Add a geom_point() with red points to show calendar 2021. Create a dataframe cal21 by filtering for yr = 2021. Use make_date() to change the yr to 2024. Add a second geom_point() with this dataframe as the data argument. Set the size parameter to .5 in the second geom_point().
cal21 = oly_airport %>%
filter(yr == 2021) %>%
mutate(DATE = make_date(2024,mo,dy))
cal24 %>%
ggplot(aes(x = DATE, y = TMAX)) +
geom_point(size = .2, alpha = .2) +
geom_point(data = cal21,aes(x = DATE, y = TMAX),
color = "red",size=.5)
For each value of DATE compute a mean of TMAX and display the results in a graph.
cal24 %>%
group_by(DATE) %>%
summarize(MTMAX = mean(TMAX)) %>%
ggplot(aes(x = DATE,y = MTMAX)) +
geom_point(size = .5)
Do a density plot of the mean values of TMAX.
cal24 %>%
group_by(DATE) %>%
summarize(MTMAX = mean(TMAX)) %>%
ggplot(aes(x = MTMAX)) +
geom_density(adjust = .2)
Create a scatterplot showing all of the values of TMIN for each value of DATE. Set size and alpha to .1 in the call to geom_point() to deal with the overplotting.
## Smoothing
Add geom_smooth() to the previous graph.
cal24 %>%
ggplot(aes(x = DATE, y = TMIN)) +
geom_point(size = .2, alpha = .2) +
geom_smooth(color = "red")
## `geom_smooth()` using method = 'gam' and formula 'y ~ s(x, bs = "cs")'
Add a geom_point() with red points to show calendar 2021. Create a dataframe cal21 by filtering for yr = 2021. Use make_date() to change the yr to 2024. Add a second geom_point() with this dataframe as the data argument.
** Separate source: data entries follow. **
-- ===== src/Filesys/Server.antt =====
-- filesys/network_server.cpp: the four handlers of requests, from the text of the request to the
-- call of the file system. What is sent back is the value: `none` is the result -1, after which the
-- connection is closed. Receiving and sending are in Connection.antt.
pub mod Serving
use operation_system_proj_c.Prelude.{Option, none, some, List, ℕ}
use operation_system_proj_c.Filesys.Types.{Command}
use operation_system_proj_c.Filesys.Disk.{DiskApi}
use operation_system_proj_c.Filesys.Monad.{Fs, M, Outcome, returns, throws, aborts}
use operation_system_proj_c.Filesys.ReadWrite.{handle_read, handle_write}
use operation_system_proj_c.Filesys.Create.{handle_create}
use operation_system_proj_c.Filesys.Delete.{handle_delete}
use operation_system_proj_c.Filesys.Request.{parse_message}

-- `catch (...) { return -1; }`
unfoldable pub catch_all : {D A : Type 0} → Outcome A × Fs D → Outcome (Option A) × Fs D
catch_all (returns a, s) = (returns (some a), s)
catch_all (throws e, s) = (returns none, s)
catch_all (aborts, s) = (aborts, s)

-- The call of the file system, with what the parser has returned or an exception.
unfoldable pub serve_parsed : {D A : Type 0} → Option Command → (Command → M D A) → M D (Option A)
serve_parsed none handle s = (returns none, s)
serve_parsed (some command) handle s = catch_all (handle command s)

-- A handler: parse the text, and call the file system.
unfoldable pub serve : {D A : Type 0} → Command → List ℕ → (Command → M D A) → M D (Option A)
serve fresh request_str handle s = elim (parse_message fresh request_str) [
  | none ↦ (aborts, s)
  | some parsed ↦ serve_parsed parsed handle s
]

module _ ⦃api : DiskApi⦄ where
  open api use {Disk, Block}

  unfoldable pub serve_read : Command → List ℕ → M Disk (Option Block)
  serve_read fresh request_str = serve fresh request_str handle_read

  -- The part of a write after the parser; `received` is the block that the client sends, or `none`
  -- if `recv` fails, which is the result -1 as well.
  unfoldable pub write_received : Option Block → Command → M Disk (Option (Unit {0}))
  write_received none command s = (returns none, s)
  write_received (some content) command s = catch_all (handle_write command content s)

  unfoldable pub write_parsed : Option Command → Option Block → M Disk (Option (Unit {0}))
  write_parsed none received s = (returns none, s)
  write_parsed (some command) received s = write_received received command s

  unfoldable pub serve_write : Command → List ℕ → Option Block → M Disk (Option (Unit {0}))
  serve_write fresh request_str received s = elim (parse_message fresh request_str) [
    | none ↦ (aborts, s)
    | some parsed ↦ write_parsed parsed received s
  ]

  unfoldable pub serve_create : Command → List ℕ → M Disk (Option (Unit {0}))
  serve_create fresh request_str = serve fresh request_str handle_create

  unfoldable pub serve_delete : Command → List ℕ → M Disk (Option (Unit {0}))
  serve_delete fresh request_str = serve fresh request_str handle_delete
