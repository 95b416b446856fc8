-- ===== src/Filesys/Message.antt =====
-- filesys/network_server.cpp: bytes from and to a client. A socket has the bytes that the client will
-- have sent when it closes the connection or the connection fails, and what the network chooses: how
-- many bytes each `recv` of more than one gives, and how many each `send` takes, or that it fails.
pub mod Framing
pub mod Blocks
use operation_system_proj_c.Prelude.{
  ℕ, zero, suc, ◌+◌, ◌-◌, Bool, true, false, Option, none, some, List, [], ◌∷◌, ◌++◌, ltb, leb,
  ◌==◌, if◌then◌else◌, length, take, drop, tail,
}
use operation_system_proj_c.Filesys.Types.{fs_maxusername, fs_maxpathname}

abbrev pub max_message_size : ℕ
max_message_size = fs_maxusername + fs_maxpathname + 20

abbrev pub fs_blocksize : ℕ
fs_blocksize = 512

pub record Socket : Type 0 where
  pub incoming : List ℕ
  pub recv_sizes : List ℕ
  pub send_sizes : List (Option ℕ)
  pub outgoing : List ℕ

-- The loop of `receive_message`, with the characters `request_str` so far; `none` is the result -1.
unfoldable pub receive_chars : List ℕ → List ℕ → Option (List ℕ × List ℕ)
receive_chars request_str [] = none
receive_chars request_str (c ∷ rest) =
    let more = receive_chars (request_str ++ c ∷ []) rest in
    if c == 0
    then some (request_str, rest)
    else if ltb max_message_size (length request_str + 1)
    then none
    else more

abbrev pub left_behind : Socket → Option (List ℕ × List ℕ) → Option (List ℕ × Socket)
left_behind sk none = none
left_behind sk (some (request_str, rest)) = some (request_str, record sk { incoming = rest })

-- `receive_message`; after the result -1 the connection is closed, and its bytes are not read.
unfoldable pub receive_message : Socket → Option (List ℕ × Socket)
receive_message sk = left_behind sk (receive_chars [] sk.incoming)

-- How many bytes a `recv` or `send` of `n` bytes moves, which is at least one.
abbrev pub piece : ℕ → ℕ → ℕ
piece size n = if size == 0 then 1 else (if ltb n size then n else size)

abbrev pub first_size : List ℕ → ℕ → ℕ
first_size [] n = n
first_size (size ∷ sizes) n = piece size n

-- The loop that receives a block: `left` bytes are missing. Each round receives at least one, so
-- `left` rounds are enough.
unfoldable pub receive_bytes : ℕ → ℕ → List ℕ → Socket → Option (List ℕ × Socket)
receive_bytes zero left received sk = if left == 0 then some (received, sk) else none
receive_bytes (suc fuel) left received sk =
    let n = first_size sk.recv_sizes left in
    let got = take n sk.incoming in
    let more =
      receive_bytes fuel (left - length got) (received ++ got)
        (record sk { incoming = drop n sk.incoming; recv_sizes = tail sk.recv_sizes }) in
    if left == 0 then some (received, sk) else (if length got == 0 then none else more)

unfoldable pub receive_block : Socket → Option (List ℕ × Socket)
receive_block sk = receive_bytes fs_blocksize fs_blocksize [] sk

-- One call of `send` for the bytes `left`, which are not none; `next_round` is the rest of the loop.
abbrev pub send_piece :
    (List ℕ → Socket → Bool × Socket) → List ℕ → Socket → List (Option ℕ) → Bool × Socket
send_piece next_round left sk [] = next_round [] (record sk { outgoing = sk.outgoing ++ left })
send_piece next_round left sk (none ∷ sizes) = (false, record sk { send_sizes = sizes })
send_piece next_round left sk (some size ∷ sizes) =
    let n = piece size (length left) in
    next_round (drop n left)
      (record sk { outgoing = sk.outgoing ++ take n left; send_sizes = sizes })

-- The loops that send `bytes`; `false` is the result -1. Each round sends at least one byte, so as
-- many rounds as there are bytes are enough.
unfoldable pub send_bytes : ℕ → List ℕ → Socket → Bool × Socket
send_bytes zero bytes sk = (true, sk)
send_bytes (suc fuel) [] sk = (true, sk)
send_bytes (suc fuel) (b ∷ bytes) sk =
    send_piece (λ left s. send_bytes fuel left s) (b ∷ bytes) sk sk.send_sizes

-- `send_message`: the text and its final NUL.
unfoldable pub send_message : List ℕ → Socket → Bool × Socket
send_message response_str sk = send_bytes (length response_str + 1) (response_str ++ 0 ∷ []) sk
Set the size parameter to .5 in the second geom_point().
cal21 = oly_airport %>%
filter(yr == 2021) %>%
mutate(DATE = make_date(2024,mo,dy))
cal24 %>%
ggplot(aes(x = DATE, y = TMIN)) +
geom_point(size = .2, alpha = .2) +
geom_point(data = cal21,aes(x = DATE, y = TMIN),
color = "red",size=.5)
For each value of DATE compute a mean of TMIN and display the results in a graph.
cal24 %>%
group_by(DATE) %>%
summarize(MTMIN = mean(TMIN)) %>%
ggplot(aes(x = DATE,y = MTMIN)) +
geom_point(size = .5)
Do a density plot of the mean values of TMIN.